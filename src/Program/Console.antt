-- ===== src/Program/Console.antt =====
-- The console of the program, and its way from the start of the server to its close, without the
-- option --daemon (src/main.cpp). Keys are
-- character codes; between two of them, other threads run the server's handlers.
use zway_server.Base.{
  ℕ, ◌≡◌, refl, ◌∙◌, Bool, true, false, not, ◌||◌, List, [], ◌∷◌, ◌++◌, Option, none, some, arith,
  ◌==◌, if◌then◌else◌,
}
use zway_server.Server.Lifecycle.{
  AcceptorApi, Lifecycle, Event, new, start, pause, resume, run, close,
}

-- What a key makes the console call or write.
pub data Notice : Type 0 where
  info : Notice
  sessions_removed : Notice
  resumed : Notice
  paused : Notice

pub record Console (A : Type 0) : Type 0 where
  pub server : Lifecycle A
  pub notices : List Notice

-- The program has returned -1, or has closed its server.
pub data Exit (A : Type 0) : Type 0 where
  refused : Exit A
  closed : Console A → Exit A

module _ {A : Type 0} (api : AcceptorApi A) where
  toggle : Lifecycle A → List Notice → Console A
  toggle s ns =
      if s.paused
      then record { server = (resume api s).1; notices = ns ++ resumed ∷ [] }
      else record { server = (pause api s).1; notices = ns ++ paused ∷ [] }

  note : Notice → Lifecycle A → List Notice → Console A
  note n s ns = record { server = s; notices = ns ++ n ∷ [] }

  -- The keys i, r and p; the others do nothing.
  unfoldable pub press : ℕ → Lifecycle A → List Notice → Console A
  unfolding toggle note
  press key s ns =
      if key == 105
      then note info s ns
      else (if key == 114
          then note sessions_removed s ns
          else (if key == 112 then toggle s ns else record { server = s; notices = ns }))

  -- The keys up to e, with what the other threads do before each. Where they end without one, the
  -- loop goes on for ever.
  unfoldable pub control : List (List Event × ℕ) → Console A → Option (Console A)
  unfolding press
  control [] c = none
  control ((es, key) ∷ ks) c =
      let s = run api es c.server in
      let rest = control ks (press key s c.notices) in
      if key == 101 then some (record c { server = s }) else rest

  ended : Option (Console A) → Option (Exit A)
  unfolding close
  ended none = none
  ended (some c) = some (closed (record c { server = close api c.server }))

  started : Bool × Lifecycle A → List (List Event × ℕ) → Option (Exit A)
  unfolding ended
  started (false, s) ks = some refused
  started (true, s) ks = ended (control ks (record { server = s; notices = [] }))

  -- From the start of the server; `none` is a program that does not return.
  unfoldable pub main : Bool → Bool → A → List (List Event × ℕ) → Option (Exit A)
  unfolding started start
  main database prepared a ks = started (start api database prepared (new a)) ks

abbrev pub returns {ℓ} : {A : Type ℓ} → Option A → Bool
returns none = false
returns (some a) = true

abbrev pub leaves : List (List Event × ℕ) → Bool
leaves [] = false
leaves ((es, key) ∷ ks) = key == 101 || leaves ks

module _ {A : Type 0} (api : AcceptorApi A) where
  pub returns-control :
      (ks : List (List Event × ℕ)) (c : Console A) → returns (control api ks c) ≡ leaves ks
  unfolding control
  returns-control [] c = refl
  returns-control ((es, key) ∷ ks) c =
      ground (arith, returns-control ks (press api key (run api es c.server) c.notices))

  returns-ended : (o : Option (Console A)) → returns (ended api o) ≡ returns o
  unfolding ended
  returns-ended none = refl
  returns-ended (some c) = refl

  returns-started :
      (r : Bool × Lifecycle A) (ks : List (List Event × ℕ))
      → returns (started api r ks) ≡ (not r.0 || leaves ks)
  unfolding started
  returns-started (false, s) ks = refl
  returns-started (true, s) ks =
      returns-ended (control api ks (record { server = s; notices = [] }))
      ∙ returns-control ks (record { server = s; notices = [] })

  -- The program comes to its end, or to closing its server, exactly if the server does not start or
  -- the console reads an e, whatever the
  -- other threads and the other keys do.
  pub returns-main :
      (database prepared : Bool) (a : A) (ks : List (List Event × ℕ))
      → returns (main api database prepared a ks)
        ≡ (not (start api database prepared (new a)).0 || leaves ks)
  unfolding main
  returns-main database prepared a ks = returns-started (start api database prepared (new a)) ks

What the task asks: Having looked over the entries above, reproduce all of them exactly.

Expected answer:
filename src/Program/Console.antt
-- ===== src/Program/Console.antt =====
-- The console of the program, and its way from the start of the server to its close, without the
-- option --daemon (src/main.cpp). Keys are
-- character codes; between two of them, other threads run the server's handlers.
use zway_server.Base.{
  ℕ, ◌≡◌, refl, ◌∙◌, Bool, true, false, not, ◌||◌, List, [], ◌∷◌, ◌++◌, Option, none, some, arith,
  ◌==◌, if◌then◌else◌,
}
use zway_server.Server.Lifecycle.{
  AcceptorApi, Lifecycle, Event, new, start, pause, resume, run, close,
}

-- What a key makes the console call or write.
pub data Notice : Type 0 where
  info : Notice
  sessions_removed : Notice
  resumed : Notice
  paused : Notice

pub record Console (A : Type 0) : Type 0 where
  pub server : Lifecycle A
  pub notices : List Notice

-- The program has returned -1, or has closed its server.
pub data Exit (A : Type 0) : Type 0 where
  refused : Exit A
  closed : Console A → Exit A

module _ {A : Type 0} (api : AcceptorApi A) where
  toggle : Lifecycle A → List Notice → Console A
  toggle s ns =
      if s.paused
      then record { server = (resume api s).1; notices = ns ++ resumed ∷ [] }
      else record { server = (pause api s).1; notices = ns ++ paused ∷ [] }

  note : Notice → Lifecycle A → List Notice → Console A
  note n s ns = record { server = s; notices = ns ++ n ∷ [] }

  -- The keys i, r and p; the others do nothing.
  unfoldable pub press : ℕ → Lifecycle A → List Notice → Console A
  unfolding toggle note
  press key s ns =
      if key == 105
      then note info s ns
      else (if key == 114
          then note sessions_removed s ns
          else (if key == 112 then toggle s ns else record { server = s; notices = ns }))

  -- The keys up to e, with what the other threads do before each. Where they end without one, the
  -- loop goes on for ever.
  unfoldable pub control : List (List Event × ℕ) → Console A → Option (Console A)
  unfolding press
  control [] c = none
  control ((es, key) ∷ ks) c =
      let s = run api es c.server in
      let rest = control ks (press key s c.notices) in
      if key == 101 then some (record c { server = s }) else rest

  ended : Option (Console A) → Option (Exit A)
  unfolding close
  ended none = none
  ended (some c) = some (closed (record c { server = close api c.server }))

  started : Bool × Lifecycle A → List (List Event × ℕ) → Option (Exit A)
  unfolding ended
  started (false, s) ks = some refused
  started (true, s) ks = ended (control ks (record { server = s; notices = [] }))

  -- From the start of the server; `none` is a program that does not return.
  unfoldable pub main : Bool → Bool → A → List (List Event × ℕ) → Option (Exit A)
  unfolding started start
  main database prepared a ks = started (start api database prepared (new a)) ks

abbrev pub returns {ℓ} : {A : Type ℓ} → Option A → Bool
returns none = false
returns (some a) = true

abbrev pub leaves : List (List Event × ℕ) → Bool
leaves [] = false
leaves ((es, key) ∷ ks) = key == 101 || leaves ks

module _ {A : Type 0} (api : AcceptorApi A) where
  pub returns-control :
      (ks : List (List Event × ℕ)) (c : Console A) → returns (control api ks c) ≡ leaves ks
  unfolding control
  returns-control [] c = refl
  returns-control ((es, key) ∷ ks) c =
      ground (arith, returns-control ks (press api key (run api es c.server) c.notices))

  returns-ended : (o : Option (Console A)) → returns (ended api o) ≡ returns o
  unfolding ended
  returns-ended none = refl
  returns-ended (some c) = refl

  returns-started :
      (r : Bool × Lifecycle A) (ks : List (List Event × ℕ))
      → returns (started api r ks) ≡ (not r.0 || leaves ks)
  unfolding started
  returns-started (false, s) ks = refl
  returns-started (true, s) ks =
      returns-ended (control api ks (record { server = s; notices = [] }))
      ∙ returns-control ks (record { server = s; notices = [] })

  -- The program comes to its end, or to closing its server, exactly if the server does not start or
  -- the console reads an e, whatever the
  -- other threads and the other keys do.
  pub returns-main :
      (database prepared : Bool) (a : A) (ks : List (List Event × ℕ))
      → returns (main api database prepared a ks)
        ≡ (not (start api database prepared (new a)).0 || leaves ks)
  unfolding main
  returns-main database prepared a ks = returns-started (start api database prepared (new a)) ks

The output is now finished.